→ **Problem to solve**
Would it be possible to quote, exactly and in full, the lines from the one with "unfolding suffixes" through the end of the entries below?

┏━━

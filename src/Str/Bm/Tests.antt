-- ===== src/Str/Bm/Tests.antt =====
-- src/str/bm.c on the example of its reference, GCAGAGAG in GCATCGCAGAGAGTATACAGTACG.
use nebase.Base.{ℕ, ◌<◌, ◌≤◌, ◌≡◌, arith, refl, List, [], ◌∷◌, none, some, get_or}
use nebase.Str.Bm.Suffixes.{IsSuffix, suffixes_lem}
use nebase.Str.Bm.Shifts.{IsGood}
use nebase.Str.Bm.GoodSuffix.{pre_bm_gs_lem}
use nebase.Str.Bm.First.{bm_search-first_match}
use nebase.Str.Bm.{ctx_search, ctx_create, Bytes, suffixes, pre_bm_gs, bm_search}

abbrev bytes : List ℕ → Bytes
bytes xs i = get_or xs i 0

abbrev pattern : List ℕ
pattern = 71 ∷ 67 ∷ 65 ∷ 71 ∷ 65 ∷ 71 ∷ 65 ∷ 71 ∷ []

abbrev text : List ℕ
text =
    71 ∷ 67 ∷ 65 ∷ 84 ∷ 67 ∷ 71 ∷ 67 ∷ 65 ∷ 71 ∷ 65 ∷ 71 ∷ 65 ∷ 71 ∷ 84 ∷ 65 ∷ 84 ∷ 65 ∷ 67 ∷ 65
    ∷ 71 ∷ []

abbrev first_8 : (ℕ → ℕ) → List ℕ
first_8 f = f 0 ∷ f 1 ∷ f 2 ∷ f 3 ∷ f 4 ∷ f 5 ∷ f 6 ∷ f 7 ∷ []

suffixes_test : first_8 (suffixes (bytes pattern) 8) ≡ 1 ∷ 0 ∷ 0 ∷ 2 ∷ 0 ∷ 4 ∷ 0 ∷ 8 ∷ []
unfolding suffixes
suffixes_test = refl

pre_bm_gs_test : first_8 (pre_bm_gs (bytes pattern) 8) ≡ 7 ∷ 7 ∷ 7 ∷ 2 ∷ 7 ∷ 4 ∷ 7 ∷ 1 ∷ []
unfolding pre_bm_gs
pre_bm_gs_test = refl

bm_search_test : bm_search 20 (bytes pattern) 8 (bytes text) 20 ≡ some (some 5)
unfolding bm_search
bm_search_test = refl

no_match_test : bm_search 20 (bytes pattern) 8 (bytes (67 ∷ text)) 12 ≡ some none
unfolding bm_search
no_match_test = refl

bm_search-first_match_example :
    (bm_search 22 (bytes pattern) 8 (bytes text) 20 ≡ some (some 5))
    × (ctx_search 22 (ctx_create (bytes pattern) 8) (bytes text) 20 ≡ some (some 5))
bm_search-first_match_example =
    bm_search-first_match 22 (bytes pattern) 8 (bytes text) 20 (omega arith) (omega arith)

suffixes_lem_example : IsSuffix (bytes pattern) 8 5 (suffixes (bytes pattern) 8 5)
suffixes_lem_example = suffixes_lem (bytes pattern) 8 (omega arith) 5 (omega arith)

pre_bm_gs_lem_example :
    (0 < pre_bm_gs (bytes pattern) 8 3)
    × (pre_bm_gs (bytes pattern) 8 3 ≤ 8)
    × ((d : ℕ) → 0 < d → IsGood (bytes pattern) 8 3 d → pre_bm_gs (bytes pattern) 8 3 ≤ d)
pre_bm_gs_lem_example = pre_bm_gs_lem (bytes pattern) 8 3 (omega arith)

┗━━

→ **Reply**
unfolding suffixes
suffixes_test = refl

pre_bm_gs_test : first_8 (pre_bm_gs (bytes pattern) 8) ≡ 7 ∷ 7 ∷ 7 ∷ 2 ∷ 7 ∷ 4 ∷ 7 ∷ 1 ∷ []
unfolding pre_bm_gs
pre_bm_gs_test = refl

bm_search_test : bm_search 20 (bytes pattern) 8 (bytes text) 20 ≡ some (some 5)
unfolding bm_search
bm_search_test = refl

no_match_test : bm_search 20 (bytes pattern) 8 (bytes (67 ∷ text)) 12 ≡ some none
unfolding bm_search
no_match_test = refl

bm_search-first_match_example :
    (bm_search 22 (bytes pattern) 8 (bytes text) 20 ≡ some (some 5))
    × (ctx_search 22 (ctx_create (bytes pattern) 8) (bytes text) 20 ≡ some (some 5))
bm_search-first_match_example =
    bm_search-first_match 22 (bytes pattern) 8 (bytes text) 20 (omega arith) (omega arith)

suffixes_lem_example : IsSuffix (bytes pattern) 8 5 (suffixes (bytes pattern) 8 5)
suffixes_lem_example = suffixes_lem (bytes pattern) 8 (omega arith) 5 (omega arith)

pre_bm_gs_lem_example :
    (0 < pre_bm_gs (bytes pattern) 8 3)
    × (pre_bm_gs (bytes pattern) 8 3 ≤ 8)
    × ((d : ℕ) → 0 < d → IsGood (bytes pattern) 8 3 d → pre_bm_gs (bytes pattern) 8 3 ≤ d)
pre_bm_gs_lem_example = pre_bm_gs_lem (bytes pattern) 8 3 (omega arith)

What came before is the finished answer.